During the IMF meeting, there was disagreement based on conflicting views about how to sustain a recovery from the global recession. Countries led by the United States preferred flexible exchange rates, while others led by China, resisted calls to appreciate their currency. The IMF meeting in Washington, D.C. was inconclusive, as China rejected calls to allow rapid appreciation of its currency.
The Financial Times reported "the battle lines were drawn" as China accused the US of destabilizing emerging economies with a "ultra-loose monetary policy," and the US wanted the IMF to intensify focus on both the exchange rates and the reserve accumulation of China. Reuters suggested a currency war is already underway, with both China and the United States "winning the race" to devalue their currencies while pushing up the value of the Euro, the Yen and the currencies of many emerging economies. However, it added that with increasing rhetoric everyone will lose out.
Martin Wolf has opined that the US will inevitably win a currency war and is concerned that the adverse consequences will fall unequally on other countries, suggesting its far better getting a collaborative solution agreement on at the November G20. A contrasting view was published on 19 October, with a paper from Chinese economist Yiping Huang arguing that the US did not win the last "currency war" with Japan, and has even less of a chance against China; but should focus instead on broader "structural adjustments" at the November 2010 G-20 Seoul summit.
Discussion over currency war and imbalances dominated the G20 summit. Attending leaders such as Britain's David Cameron made statements suggesting good progress had been made. Yet according to most commentators no substantial agreement was reached, with the US largely unable to persuade other nations to endorse the measures it considers necessary to rebalance the global economy. IMF managing director Dominique Strauss-Kahn said this particular summit was "more of a G20 debate than a G20 conclusion."

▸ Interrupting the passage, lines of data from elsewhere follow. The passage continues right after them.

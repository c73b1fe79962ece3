-- ===== src/Worker/Keeps.antt =====
-- The moves of the receipt store against its tables' invariant.
use flick_drop.Base.{
  ℕ, ◌≤◌, ◌≡◌, refl, sym, subst, String, Option, none, some, arith, string_eq, find, find-insert,
  beq_self,
}
use flick_drop.Worker.Tables.{
  State, processing, failed, Receipt, Attempt, DeadLetter, Db, insert_receipt, recover_interrupted,
  finish_running, update_receipt, settle_receipt, coalesce,
}
use flick_drop.Worker.Store.{new_receipt, state_of, completed_of}
use flick_drop.Worker.Moves.{
  Move, stays, claims_new, claims_failed, reclaims, buries_failed, buries_interrupted, succeeds,
  fails, dies, buried, finished,
}
use flick_drop.Worker.Counts.{count_running, count_running-recover}
use flick_drop.Worker.Invariant.{
  IsValidDb, IsValidJob, slots, insert_receipt-IsValid, recover-IsValid,
}
use flick_drop.Worker.Changes.{claimed-IsValid, buried-IsValid, finished-IsValid, slots_of, key_of}

pub idle :
    (job : String) (r : Receipt) (st : State) (d : Db)
    → find job d.receipts ≡ some r
    → r.state ≡ st
    → slots st ≡ 0
    → IsValidDb d
    → count_running job d.attempts ≡ 0
idle job r st d f e z v = omega (
  arith,
  subst (λ x. count_running job d.attempts ≤ slots x) e
      (slots_of job (find job d.receipts) r _ _ _ (v.jobs job) f),
  z,
)

pub known_key :
    (job : String) (r : Receipt) (d : Db)
    → find job d.receipts ≡ some r
    → IsValidDb d
    → job ≡ r.job_id
known_key job r d f v = sym (key_of job (find job d.receipts) r _ _ _ (v.jobs job) f)

-- A job that is processing has at most one running attempt.
pub one_running :
    (job : String) (r : Receipt) (d : Db)
    → find job d.receipts ≡ some r
    → r.state ≡ processing
    → IsValidDb d
    → count_running job d.attempts ≤ 1
one_running job r d f e v =
    subst (λ x. count_running job d.attempts ≤ slots x) e
      (slots_of job (find job d.receipts) r _ _ _ (v.jobs job) f)

-- A job that is buried from tables where it has no running attempt.
bury :
    (job : String) (r q : Receipt) (payload e : String) (now : ℕ) (d : Db)
    → find job d.receipts ≡ some r
    → job ≡ q.job_id
    → count_running job d.attempts ≡ 0
    → IsValidDb d
    → IsValidDb (buried q payload e now d)
bury job r q payload e now d f k z =
    buried-IsValid r q payload e now d (subst (λ i. find i d.receipts ≡ some r) k f)
      (subst (λ i. count_running i d.attempts ≡ 0) k z)

pub unknown_idle :
    (job : String) (o : Option Receipt) (active rows : ℕ) (l : Option DeadLetter)
    → IsValidJob job o active rows l
    → o ≡ none
    → active ≡ 0
unknown_idle job none a b l v e = v.0
unknown_idle job (some q) a b l v e = absurd (cc e)

-- The receipt that a handler's outcome leaves.
abbrev pub settled_receipt : Receipt → Option String → ℕ → Receipt
settled_receipt r o now = record r {
  state = state_of o;
  last_error = o;
  updated_at = now;
  completed_at = coalesce (completed_of o now) r.completed_at;
}

pub find-finished :
    (id : ℕ) (a : Attempt) (r : Receipt) (o : Option String) (now : ℕ) (d : Db)
    → find a.job_id d.receipts ≡ some r
    → find a.job_id (finished a id o now d).receipts ≡ some (settled_receipt r o now)
unfolding finished settle_receipt finish_running
find-finished id a r o now d g =
    rw
      (
        finished,
        settle_receipt,
        update_receipt,
        finish_running,
        g,
        find-insert a.job_id a.job_id (settled_receipt r o now) d.receipts,
        beq_self a.job_id,
      )
      refl

-- Every move keeps the tables valid.
pub Move-IsValid : (d d' : Db) → Move d d' → IsValidDb d → IsValidDb d'
unfolding insert_receipt recover_interrupted
Move-IsValid d d' (stays e) v = subst IsValidDb (sym e) v
Move-IsValid d d' (claims_new job kind created now f e) v = subst IsValidDb (sym e) (
    claimed-IsValid job (new_receipt job kind created) now _
      (rw (find-insert job job (new_receipt job kind created) d.receipts, beq_self job) refl)
      (unknown_idle job (find job d.receipts) _ _ _ (v.jobs job) f)
      (insert_receipt-IsValid (new_receipt job kind created) d f refl refl v))
Move-IsValid d d' (claims_failed job r now f s e) v =
    subst IsValidDb (sym e) (claimed-IsValid job r now d f (idle job r failed d f s refl v) v)
Move-IsValid d d' (reclaims job r now f s l e) v = subst IsValidDb (sym e) (
    claimed-IsValid job r now (recover_interrupted job now d) f
      (count_running-recover job now d.attempts) (recover-IsValid job now d v))
Move-IsValid d d' (buries_failed job r payload x max now f s c l e) v =
    subst IsValidDb (sym e)
      (bury job r r payload x now d f (known_key job r d f v) (idle job r failed d f s refl v) v)
Move-IsValid d d' (buries_interrupted job r payload x max now f s l c g e) v =
    subst IsValidDb (sym e) (
      bury job r r payload x now (recover_interrupted job now d) f (known_key job r d f v)
        (count_running-recover job now d.attempts) (recover-IsValid job now d v))
Move-IsValid d d' (succeeds id a r now f u g p n e) v =
    subst IsValidDb (sym e) (finished-IsValid id a r none now d f u g p v)
Move-IsValid d d' (fails id a r text now f u g p n e) v =
    subst IsValidDb (sym e) (finished-IsValid id a r (some text) now d f u g p v)
Move-IsValid d d' (dies id a r text payload max now f u g p n c e) v = subst IsValidDb (sym e) (
    bury a.job_id (settled_receipt r (some text) now) (record r { state = failed }) payload text now
      (finished a id (some text) now d) (find-finished id a r (some text) now d g)
      (known_key a.job_id r d g v)
      (idle a.job_id (settled_receipt r (some text) now) failed (finished a id (some text) now d)
        (find-finished id a r (some text) now d g) refl refl
        (finished-IsValid id a r (some text) now d f u g p v))
      (finished-IsValid id a r (some text) now d f u g p v))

A report released after the summit by the IMF warned that without additional progress there is a risk of global imbalances approximately doubling to reach pre-crises' levels by 2014. The lack of any resolution by the G20 led to concerns from other countries not directly involved such as Australia; if the "currency war" continues, they may be exposed to harmful upwards pressure on their exchange rates.